#### Raw data:
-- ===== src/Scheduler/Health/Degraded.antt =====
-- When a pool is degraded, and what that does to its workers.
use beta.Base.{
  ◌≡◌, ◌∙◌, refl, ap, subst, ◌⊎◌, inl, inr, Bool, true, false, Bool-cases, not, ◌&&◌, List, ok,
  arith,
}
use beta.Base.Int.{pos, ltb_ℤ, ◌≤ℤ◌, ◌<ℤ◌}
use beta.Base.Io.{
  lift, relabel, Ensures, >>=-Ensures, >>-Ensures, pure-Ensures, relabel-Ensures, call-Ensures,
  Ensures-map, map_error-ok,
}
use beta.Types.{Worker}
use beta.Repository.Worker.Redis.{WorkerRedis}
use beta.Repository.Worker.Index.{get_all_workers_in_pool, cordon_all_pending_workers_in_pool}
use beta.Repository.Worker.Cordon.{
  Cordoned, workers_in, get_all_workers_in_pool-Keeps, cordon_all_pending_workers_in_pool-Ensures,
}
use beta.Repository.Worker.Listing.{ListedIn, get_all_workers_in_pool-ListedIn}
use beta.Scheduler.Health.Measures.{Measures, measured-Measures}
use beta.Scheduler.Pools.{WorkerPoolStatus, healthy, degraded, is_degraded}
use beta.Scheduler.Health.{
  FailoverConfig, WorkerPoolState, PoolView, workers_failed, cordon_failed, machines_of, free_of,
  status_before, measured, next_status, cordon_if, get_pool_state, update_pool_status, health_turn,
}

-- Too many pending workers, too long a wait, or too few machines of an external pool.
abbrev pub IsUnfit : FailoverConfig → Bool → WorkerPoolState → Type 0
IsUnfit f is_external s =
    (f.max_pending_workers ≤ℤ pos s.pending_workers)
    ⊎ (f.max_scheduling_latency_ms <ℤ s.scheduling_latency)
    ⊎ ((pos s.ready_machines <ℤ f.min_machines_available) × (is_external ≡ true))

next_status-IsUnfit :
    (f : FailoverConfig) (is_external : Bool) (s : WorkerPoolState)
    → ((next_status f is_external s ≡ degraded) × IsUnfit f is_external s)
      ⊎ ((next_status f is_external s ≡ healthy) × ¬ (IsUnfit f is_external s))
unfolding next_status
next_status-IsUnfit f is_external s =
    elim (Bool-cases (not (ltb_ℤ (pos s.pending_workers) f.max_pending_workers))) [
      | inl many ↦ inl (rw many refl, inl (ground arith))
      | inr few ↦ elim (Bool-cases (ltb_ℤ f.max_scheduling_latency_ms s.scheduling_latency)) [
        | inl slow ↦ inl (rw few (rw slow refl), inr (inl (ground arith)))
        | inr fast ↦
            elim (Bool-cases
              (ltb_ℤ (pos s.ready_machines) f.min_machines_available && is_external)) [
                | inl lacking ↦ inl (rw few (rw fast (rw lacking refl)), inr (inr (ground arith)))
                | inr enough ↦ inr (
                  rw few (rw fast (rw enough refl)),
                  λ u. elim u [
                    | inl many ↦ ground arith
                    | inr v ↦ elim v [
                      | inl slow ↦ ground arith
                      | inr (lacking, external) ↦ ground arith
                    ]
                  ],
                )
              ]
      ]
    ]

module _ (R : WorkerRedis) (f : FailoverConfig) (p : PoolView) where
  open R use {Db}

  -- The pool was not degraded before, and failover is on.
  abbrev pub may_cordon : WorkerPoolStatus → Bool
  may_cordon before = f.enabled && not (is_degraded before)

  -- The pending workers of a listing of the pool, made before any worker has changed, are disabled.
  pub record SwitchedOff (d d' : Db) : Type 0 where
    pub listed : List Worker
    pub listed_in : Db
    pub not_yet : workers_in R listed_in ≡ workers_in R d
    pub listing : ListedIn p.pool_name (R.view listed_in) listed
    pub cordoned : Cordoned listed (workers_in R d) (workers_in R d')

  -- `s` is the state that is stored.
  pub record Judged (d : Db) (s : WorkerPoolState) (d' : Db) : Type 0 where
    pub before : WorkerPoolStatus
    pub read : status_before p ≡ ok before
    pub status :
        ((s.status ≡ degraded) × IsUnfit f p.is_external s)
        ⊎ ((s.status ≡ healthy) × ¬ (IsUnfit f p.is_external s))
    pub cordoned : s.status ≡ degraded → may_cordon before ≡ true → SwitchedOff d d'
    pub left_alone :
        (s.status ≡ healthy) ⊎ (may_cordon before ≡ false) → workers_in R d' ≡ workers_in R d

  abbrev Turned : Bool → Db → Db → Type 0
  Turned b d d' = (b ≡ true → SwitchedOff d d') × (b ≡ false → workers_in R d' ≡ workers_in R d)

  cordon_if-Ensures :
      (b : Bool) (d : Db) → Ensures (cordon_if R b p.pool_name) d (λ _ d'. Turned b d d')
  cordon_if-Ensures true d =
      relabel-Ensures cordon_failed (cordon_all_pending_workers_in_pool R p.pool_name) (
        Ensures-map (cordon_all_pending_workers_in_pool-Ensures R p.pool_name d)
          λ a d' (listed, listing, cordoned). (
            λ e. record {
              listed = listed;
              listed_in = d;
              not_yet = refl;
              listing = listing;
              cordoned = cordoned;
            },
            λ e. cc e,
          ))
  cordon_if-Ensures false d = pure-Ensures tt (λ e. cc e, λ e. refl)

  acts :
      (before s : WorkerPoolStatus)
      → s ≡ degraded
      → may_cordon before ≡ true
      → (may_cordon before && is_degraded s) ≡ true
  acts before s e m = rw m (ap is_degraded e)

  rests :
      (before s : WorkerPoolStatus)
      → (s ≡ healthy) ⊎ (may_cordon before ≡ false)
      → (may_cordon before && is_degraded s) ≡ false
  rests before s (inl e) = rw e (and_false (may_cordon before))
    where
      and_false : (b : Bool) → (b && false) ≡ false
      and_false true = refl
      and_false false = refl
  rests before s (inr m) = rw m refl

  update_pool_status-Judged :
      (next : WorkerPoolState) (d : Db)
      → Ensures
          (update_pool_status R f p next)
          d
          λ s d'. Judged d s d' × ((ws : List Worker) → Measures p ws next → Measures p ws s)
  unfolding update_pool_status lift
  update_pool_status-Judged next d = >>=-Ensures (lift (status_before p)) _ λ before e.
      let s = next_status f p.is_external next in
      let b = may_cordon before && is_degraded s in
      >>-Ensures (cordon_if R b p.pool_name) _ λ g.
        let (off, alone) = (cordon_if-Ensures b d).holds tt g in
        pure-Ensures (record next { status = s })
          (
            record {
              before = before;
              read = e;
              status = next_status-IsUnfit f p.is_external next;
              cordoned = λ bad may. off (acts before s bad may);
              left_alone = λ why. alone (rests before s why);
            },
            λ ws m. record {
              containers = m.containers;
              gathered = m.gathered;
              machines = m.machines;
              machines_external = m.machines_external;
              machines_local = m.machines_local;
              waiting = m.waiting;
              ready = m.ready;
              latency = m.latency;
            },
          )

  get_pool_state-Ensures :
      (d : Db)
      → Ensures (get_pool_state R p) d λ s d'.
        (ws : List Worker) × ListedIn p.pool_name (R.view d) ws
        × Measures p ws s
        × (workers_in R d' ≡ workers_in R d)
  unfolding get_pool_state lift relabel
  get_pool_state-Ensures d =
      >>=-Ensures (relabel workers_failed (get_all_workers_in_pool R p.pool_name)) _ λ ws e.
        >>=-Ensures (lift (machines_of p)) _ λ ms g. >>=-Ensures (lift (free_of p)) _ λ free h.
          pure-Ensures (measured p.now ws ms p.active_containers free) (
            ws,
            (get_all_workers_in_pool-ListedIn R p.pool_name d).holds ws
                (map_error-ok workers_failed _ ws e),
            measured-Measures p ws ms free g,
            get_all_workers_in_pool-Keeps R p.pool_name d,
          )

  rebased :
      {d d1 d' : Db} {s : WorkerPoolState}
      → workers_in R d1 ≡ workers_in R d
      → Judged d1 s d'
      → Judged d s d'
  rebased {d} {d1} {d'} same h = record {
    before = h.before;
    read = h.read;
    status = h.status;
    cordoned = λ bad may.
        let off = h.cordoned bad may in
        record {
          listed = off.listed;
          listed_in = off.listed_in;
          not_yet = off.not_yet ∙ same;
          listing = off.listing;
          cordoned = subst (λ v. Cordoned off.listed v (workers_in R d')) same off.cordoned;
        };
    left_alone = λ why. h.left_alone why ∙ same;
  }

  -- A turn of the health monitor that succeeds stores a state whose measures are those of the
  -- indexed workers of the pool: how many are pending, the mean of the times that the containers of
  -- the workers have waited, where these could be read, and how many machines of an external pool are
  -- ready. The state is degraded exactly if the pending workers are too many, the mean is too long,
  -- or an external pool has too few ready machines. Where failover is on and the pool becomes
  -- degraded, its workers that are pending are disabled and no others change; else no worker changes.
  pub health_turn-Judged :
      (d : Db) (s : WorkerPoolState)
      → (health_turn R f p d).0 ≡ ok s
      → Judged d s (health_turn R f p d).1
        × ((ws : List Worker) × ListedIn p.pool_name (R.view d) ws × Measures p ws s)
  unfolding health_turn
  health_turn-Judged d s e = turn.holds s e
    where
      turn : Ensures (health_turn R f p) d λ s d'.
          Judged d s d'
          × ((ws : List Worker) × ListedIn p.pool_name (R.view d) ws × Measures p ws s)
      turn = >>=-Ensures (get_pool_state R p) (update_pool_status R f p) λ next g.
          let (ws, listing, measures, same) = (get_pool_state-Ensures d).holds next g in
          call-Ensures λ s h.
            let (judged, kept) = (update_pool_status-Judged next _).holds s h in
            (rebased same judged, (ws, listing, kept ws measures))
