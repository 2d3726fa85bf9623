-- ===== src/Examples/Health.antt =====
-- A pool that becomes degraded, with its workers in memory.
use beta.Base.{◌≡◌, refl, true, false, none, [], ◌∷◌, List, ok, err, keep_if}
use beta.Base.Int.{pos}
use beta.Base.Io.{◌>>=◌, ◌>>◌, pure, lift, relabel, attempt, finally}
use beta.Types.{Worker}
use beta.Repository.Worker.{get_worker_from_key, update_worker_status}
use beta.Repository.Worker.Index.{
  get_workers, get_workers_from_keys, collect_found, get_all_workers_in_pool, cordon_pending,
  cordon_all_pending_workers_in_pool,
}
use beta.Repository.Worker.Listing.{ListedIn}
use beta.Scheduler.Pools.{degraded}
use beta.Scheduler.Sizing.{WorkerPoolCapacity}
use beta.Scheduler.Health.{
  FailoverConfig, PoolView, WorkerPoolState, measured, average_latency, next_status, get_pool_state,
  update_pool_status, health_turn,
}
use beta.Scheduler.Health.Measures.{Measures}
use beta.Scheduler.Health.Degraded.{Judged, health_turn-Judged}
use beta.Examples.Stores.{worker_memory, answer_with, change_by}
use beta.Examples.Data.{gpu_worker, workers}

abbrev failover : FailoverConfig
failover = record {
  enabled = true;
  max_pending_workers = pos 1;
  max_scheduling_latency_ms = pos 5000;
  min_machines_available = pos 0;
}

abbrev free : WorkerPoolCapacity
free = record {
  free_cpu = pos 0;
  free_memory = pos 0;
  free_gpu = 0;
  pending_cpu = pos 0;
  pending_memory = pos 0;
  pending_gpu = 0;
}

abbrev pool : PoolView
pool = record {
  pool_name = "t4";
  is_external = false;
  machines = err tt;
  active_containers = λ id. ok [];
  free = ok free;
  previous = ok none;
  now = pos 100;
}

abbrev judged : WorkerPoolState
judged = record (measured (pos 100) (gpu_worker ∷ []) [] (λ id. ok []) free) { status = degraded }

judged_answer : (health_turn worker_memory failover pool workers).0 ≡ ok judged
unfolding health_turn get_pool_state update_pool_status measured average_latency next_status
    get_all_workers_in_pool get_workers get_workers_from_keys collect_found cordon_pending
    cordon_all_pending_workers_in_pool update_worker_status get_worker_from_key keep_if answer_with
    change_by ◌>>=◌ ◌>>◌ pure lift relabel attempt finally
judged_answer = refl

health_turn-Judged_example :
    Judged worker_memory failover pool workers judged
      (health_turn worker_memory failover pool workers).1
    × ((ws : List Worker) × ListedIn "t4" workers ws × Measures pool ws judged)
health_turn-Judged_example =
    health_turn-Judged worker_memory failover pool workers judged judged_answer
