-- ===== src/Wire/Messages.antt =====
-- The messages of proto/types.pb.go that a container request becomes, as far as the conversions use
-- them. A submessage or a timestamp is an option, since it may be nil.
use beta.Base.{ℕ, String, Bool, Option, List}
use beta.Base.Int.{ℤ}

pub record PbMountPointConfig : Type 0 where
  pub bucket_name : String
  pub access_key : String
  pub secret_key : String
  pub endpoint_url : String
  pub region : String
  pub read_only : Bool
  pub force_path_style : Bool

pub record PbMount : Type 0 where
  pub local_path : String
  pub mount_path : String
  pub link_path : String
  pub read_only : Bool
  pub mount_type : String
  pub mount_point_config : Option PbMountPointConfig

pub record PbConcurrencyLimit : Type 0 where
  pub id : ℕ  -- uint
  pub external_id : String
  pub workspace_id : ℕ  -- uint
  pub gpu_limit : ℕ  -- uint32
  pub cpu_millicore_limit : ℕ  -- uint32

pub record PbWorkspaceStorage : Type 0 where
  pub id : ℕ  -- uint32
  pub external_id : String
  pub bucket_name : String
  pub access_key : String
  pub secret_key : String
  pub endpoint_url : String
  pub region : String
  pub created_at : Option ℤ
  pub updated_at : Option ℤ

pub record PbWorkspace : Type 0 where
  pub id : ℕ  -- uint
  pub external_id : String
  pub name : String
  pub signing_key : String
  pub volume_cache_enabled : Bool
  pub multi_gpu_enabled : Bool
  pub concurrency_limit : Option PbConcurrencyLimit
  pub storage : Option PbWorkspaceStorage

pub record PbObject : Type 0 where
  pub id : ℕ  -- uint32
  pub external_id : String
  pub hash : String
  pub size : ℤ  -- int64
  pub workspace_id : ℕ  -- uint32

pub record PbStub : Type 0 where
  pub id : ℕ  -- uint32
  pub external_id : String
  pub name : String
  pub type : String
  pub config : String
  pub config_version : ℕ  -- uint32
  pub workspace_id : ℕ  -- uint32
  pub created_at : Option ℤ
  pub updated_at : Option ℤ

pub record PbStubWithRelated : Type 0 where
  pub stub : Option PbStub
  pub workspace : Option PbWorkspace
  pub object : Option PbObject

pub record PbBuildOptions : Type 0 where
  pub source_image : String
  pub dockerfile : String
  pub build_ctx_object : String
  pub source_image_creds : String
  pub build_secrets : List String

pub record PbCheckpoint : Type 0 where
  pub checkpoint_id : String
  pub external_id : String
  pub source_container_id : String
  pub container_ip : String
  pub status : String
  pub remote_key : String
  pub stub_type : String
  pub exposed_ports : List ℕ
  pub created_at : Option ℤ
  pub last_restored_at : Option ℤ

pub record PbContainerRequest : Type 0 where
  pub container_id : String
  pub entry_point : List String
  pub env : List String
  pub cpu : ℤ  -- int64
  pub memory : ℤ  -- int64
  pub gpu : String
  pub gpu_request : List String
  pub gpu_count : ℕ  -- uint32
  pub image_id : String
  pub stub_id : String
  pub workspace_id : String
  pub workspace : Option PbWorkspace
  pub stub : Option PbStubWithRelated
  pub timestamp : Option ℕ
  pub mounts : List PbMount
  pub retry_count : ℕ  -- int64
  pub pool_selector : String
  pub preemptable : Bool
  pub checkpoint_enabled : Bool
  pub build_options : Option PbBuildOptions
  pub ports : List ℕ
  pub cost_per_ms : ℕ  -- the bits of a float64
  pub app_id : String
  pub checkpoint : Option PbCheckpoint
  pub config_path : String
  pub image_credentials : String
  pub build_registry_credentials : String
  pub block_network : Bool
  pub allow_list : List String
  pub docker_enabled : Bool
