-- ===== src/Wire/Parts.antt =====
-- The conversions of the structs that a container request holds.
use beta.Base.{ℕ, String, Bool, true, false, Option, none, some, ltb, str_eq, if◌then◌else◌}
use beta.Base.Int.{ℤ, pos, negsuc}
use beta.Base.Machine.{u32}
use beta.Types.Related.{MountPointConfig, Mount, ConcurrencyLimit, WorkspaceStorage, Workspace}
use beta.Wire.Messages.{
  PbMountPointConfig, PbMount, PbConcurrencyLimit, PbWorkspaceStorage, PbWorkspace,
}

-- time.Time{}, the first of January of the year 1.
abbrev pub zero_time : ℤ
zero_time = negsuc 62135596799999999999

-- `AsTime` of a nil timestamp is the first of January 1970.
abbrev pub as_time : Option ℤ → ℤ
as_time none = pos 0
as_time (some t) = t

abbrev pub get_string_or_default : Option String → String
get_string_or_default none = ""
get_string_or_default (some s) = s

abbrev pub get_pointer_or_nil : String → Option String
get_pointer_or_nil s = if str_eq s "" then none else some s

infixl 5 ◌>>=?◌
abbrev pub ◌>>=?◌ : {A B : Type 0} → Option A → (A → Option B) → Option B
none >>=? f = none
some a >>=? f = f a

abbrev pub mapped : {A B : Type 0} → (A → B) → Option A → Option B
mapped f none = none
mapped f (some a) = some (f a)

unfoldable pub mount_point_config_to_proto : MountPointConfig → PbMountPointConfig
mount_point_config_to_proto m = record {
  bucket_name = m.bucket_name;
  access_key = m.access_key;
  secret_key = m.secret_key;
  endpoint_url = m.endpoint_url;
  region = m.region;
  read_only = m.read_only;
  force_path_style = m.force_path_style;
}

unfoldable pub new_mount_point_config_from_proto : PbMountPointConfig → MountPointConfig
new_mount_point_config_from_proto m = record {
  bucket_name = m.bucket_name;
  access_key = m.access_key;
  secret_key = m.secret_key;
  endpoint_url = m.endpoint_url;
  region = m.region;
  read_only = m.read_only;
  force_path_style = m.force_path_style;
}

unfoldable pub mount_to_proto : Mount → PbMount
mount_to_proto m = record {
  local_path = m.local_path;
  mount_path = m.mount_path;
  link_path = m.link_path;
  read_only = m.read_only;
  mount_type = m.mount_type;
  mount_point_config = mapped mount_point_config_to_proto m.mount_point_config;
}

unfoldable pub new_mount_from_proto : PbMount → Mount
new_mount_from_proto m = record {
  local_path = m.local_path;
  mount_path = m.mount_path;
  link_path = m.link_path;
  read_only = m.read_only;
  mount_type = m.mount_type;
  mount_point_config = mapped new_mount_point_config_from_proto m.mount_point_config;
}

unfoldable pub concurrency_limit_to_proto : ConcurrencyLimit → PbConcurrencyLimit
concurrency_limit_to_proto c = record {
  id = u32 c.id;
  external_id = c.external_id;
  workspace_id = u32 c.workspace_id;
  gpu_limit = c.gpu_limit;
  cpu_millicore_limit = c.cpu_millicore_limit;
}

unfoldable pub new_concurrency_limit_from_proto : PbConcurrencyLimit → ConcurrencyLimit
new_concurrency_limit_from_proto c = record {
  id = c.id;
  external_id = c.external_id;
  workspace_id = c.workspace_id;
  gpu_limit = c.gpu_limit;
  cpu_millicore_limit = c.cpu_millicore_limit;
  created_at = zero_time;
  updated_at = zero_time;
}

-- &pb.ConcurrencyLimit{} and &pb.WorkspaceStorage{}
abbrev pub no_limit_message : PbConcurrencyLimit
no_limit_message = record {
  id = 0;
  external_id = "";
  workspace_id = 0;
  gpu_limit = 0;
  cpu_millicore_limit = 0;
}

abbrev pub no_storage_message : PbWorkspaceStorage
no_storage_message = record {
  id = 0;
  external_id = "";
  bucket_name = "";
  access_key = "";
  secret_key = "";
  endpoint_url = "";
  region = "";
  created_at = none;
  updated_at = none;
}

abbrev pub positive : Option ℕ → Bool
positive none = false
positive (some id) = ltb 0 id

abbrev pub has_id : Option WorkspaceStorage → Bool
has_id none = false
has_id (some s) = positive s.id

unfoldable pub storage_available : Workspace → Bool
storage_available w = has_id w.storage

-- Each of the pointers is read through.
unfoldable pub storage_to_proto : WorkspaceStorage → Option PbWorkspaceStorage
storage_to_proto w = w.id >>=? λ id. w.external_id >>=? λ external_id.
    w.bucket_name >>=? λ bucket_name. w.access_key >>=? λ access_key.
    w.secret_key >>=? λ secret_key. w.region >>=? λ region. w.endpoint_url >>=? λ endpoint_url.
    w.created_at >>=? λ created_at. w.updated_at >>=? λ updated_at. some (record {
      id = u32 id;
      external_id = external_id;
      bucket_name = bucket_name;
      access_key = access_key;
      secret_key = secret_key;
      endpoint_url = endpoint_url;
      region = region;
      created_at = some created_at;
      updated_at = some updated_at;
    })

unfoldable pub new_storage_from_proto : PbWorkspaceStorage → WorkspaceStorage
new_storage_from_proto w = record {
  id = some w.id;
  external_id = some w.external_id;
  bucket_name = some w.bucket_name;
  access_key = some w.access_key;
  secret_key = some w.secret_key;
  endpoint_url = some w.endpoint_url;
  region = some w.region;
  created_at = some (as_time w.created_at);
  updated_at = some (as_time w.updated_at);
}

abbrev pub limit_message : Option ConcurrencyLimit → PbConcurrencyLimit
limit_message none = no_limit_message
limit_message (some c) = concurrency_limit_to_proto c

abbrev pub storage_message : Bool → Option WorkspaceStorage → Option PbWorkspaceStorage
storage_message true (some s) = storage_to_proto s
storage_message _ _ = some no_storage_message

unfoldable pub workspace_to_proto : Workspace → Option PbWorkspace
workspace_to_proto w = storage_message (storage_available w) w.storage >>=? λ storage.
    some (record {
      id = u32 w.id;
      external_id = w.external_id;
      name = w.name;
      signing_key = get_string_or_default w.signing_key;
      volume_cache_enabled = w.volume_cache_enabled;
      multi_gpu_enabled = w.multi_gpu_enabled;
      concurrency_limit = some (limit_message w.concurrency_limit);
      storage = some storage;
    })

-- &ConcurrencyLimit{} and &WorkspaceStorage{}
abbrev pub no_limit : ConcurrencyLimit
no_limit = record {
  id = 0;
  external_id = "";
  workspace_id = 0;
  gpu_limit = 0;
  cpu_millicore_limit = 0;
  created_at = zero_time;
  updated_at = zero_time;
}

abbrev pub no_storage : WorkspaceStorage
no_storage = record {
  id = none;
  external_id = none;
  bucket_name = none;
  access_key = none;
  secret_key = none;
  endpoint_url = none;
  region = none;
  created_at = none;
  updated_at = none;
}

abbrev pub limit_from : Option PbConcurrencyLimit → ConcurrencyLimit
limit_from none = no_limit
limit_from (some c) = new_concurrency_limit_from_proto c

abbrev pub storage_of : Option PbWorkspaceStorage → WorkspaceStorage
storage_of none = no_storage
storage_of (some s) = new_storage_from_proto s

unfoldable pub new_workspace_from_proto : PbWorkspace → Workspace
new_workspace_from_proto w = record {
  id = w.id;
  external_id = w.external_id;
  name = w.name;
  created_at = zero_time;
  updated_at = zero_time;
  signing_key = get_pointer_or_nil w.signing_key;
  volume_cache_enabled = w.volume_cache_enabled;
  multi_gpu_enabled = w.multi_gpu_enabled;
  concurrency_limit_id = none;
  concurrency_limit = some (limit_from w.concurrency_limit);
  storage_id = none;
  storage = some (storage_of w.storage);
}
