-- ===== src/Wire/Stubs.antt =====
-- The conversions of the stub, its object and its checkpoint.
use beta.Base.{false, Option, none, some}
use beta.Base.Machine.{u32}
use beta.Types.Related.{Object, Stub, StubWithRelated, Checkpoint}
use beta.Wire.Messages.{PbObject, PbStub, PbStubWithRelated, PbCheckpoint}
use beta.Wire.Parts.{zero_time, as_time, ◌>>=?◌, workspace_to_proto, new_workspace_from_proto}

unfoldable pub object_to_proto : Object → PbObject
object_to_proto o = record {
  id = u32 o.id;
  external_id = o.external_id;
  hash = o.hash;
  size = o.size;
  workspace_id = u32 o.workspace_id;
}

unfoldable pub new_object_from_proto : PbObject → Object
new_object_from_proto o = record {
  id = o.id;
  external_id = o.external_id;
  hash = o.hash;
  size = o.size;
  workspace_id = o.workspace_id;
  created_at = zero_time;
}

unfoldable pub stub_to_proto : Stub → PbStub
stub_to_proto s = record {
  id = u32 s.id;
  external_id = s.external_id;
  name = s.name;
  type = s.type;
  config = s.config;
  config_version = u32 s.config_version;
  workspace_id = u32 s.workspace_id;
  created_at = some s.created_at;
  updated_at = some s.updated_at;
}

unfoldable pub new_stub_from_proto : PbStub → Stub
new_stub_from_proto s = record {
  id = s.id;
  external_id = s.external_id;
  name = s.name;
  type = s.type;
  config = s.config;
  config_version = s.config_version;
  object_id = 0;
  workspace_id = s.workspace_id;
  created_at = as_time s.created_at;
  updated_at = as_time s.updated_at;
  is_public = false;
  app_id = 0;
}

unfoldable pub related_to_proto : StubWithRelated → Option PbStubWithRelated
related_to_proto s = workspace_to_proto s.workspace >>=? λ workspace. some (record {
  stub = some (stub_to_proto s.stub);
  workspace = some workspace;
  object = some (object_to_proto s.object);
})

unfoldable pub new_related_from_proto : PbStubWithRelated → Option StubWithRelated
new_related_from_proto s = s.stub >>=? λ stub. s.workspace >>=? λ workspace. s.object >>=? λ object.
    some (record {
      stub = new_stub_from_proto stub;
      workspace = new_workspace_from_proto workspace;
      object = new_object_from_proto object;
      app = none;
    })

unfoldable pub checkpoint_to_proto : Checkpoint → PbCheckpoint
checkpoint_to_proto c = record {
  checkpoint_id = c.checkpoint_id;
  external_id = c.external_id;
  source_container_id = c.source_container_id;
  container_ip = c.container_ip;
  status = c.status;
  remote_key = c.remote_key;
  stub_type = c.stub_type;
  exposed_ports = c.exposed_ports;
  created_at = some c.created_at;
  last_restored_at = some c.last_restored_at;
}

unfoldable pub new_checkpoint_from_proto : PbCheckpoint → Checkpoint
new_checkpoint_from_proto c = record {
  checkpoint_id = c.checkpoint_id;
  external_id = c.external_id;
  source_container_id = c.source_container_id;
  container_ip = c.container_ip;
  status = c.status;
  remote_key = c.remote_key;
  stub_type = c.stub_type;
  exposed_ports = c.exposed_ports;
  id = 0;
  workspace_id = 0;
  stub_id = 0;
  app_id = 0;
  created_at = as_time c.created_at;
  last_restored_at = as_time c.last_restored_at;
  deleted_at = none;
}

#### Task objective:
Where does "call" appear in the records above? Copy every line that has it.

#### Answer for the task:
  lift, relabel, Ensures, >>=-Ensures, >>-Ensures, pure-Ensures, relabel-Ensures, call-Ensures,
          call-Ensures λ s h.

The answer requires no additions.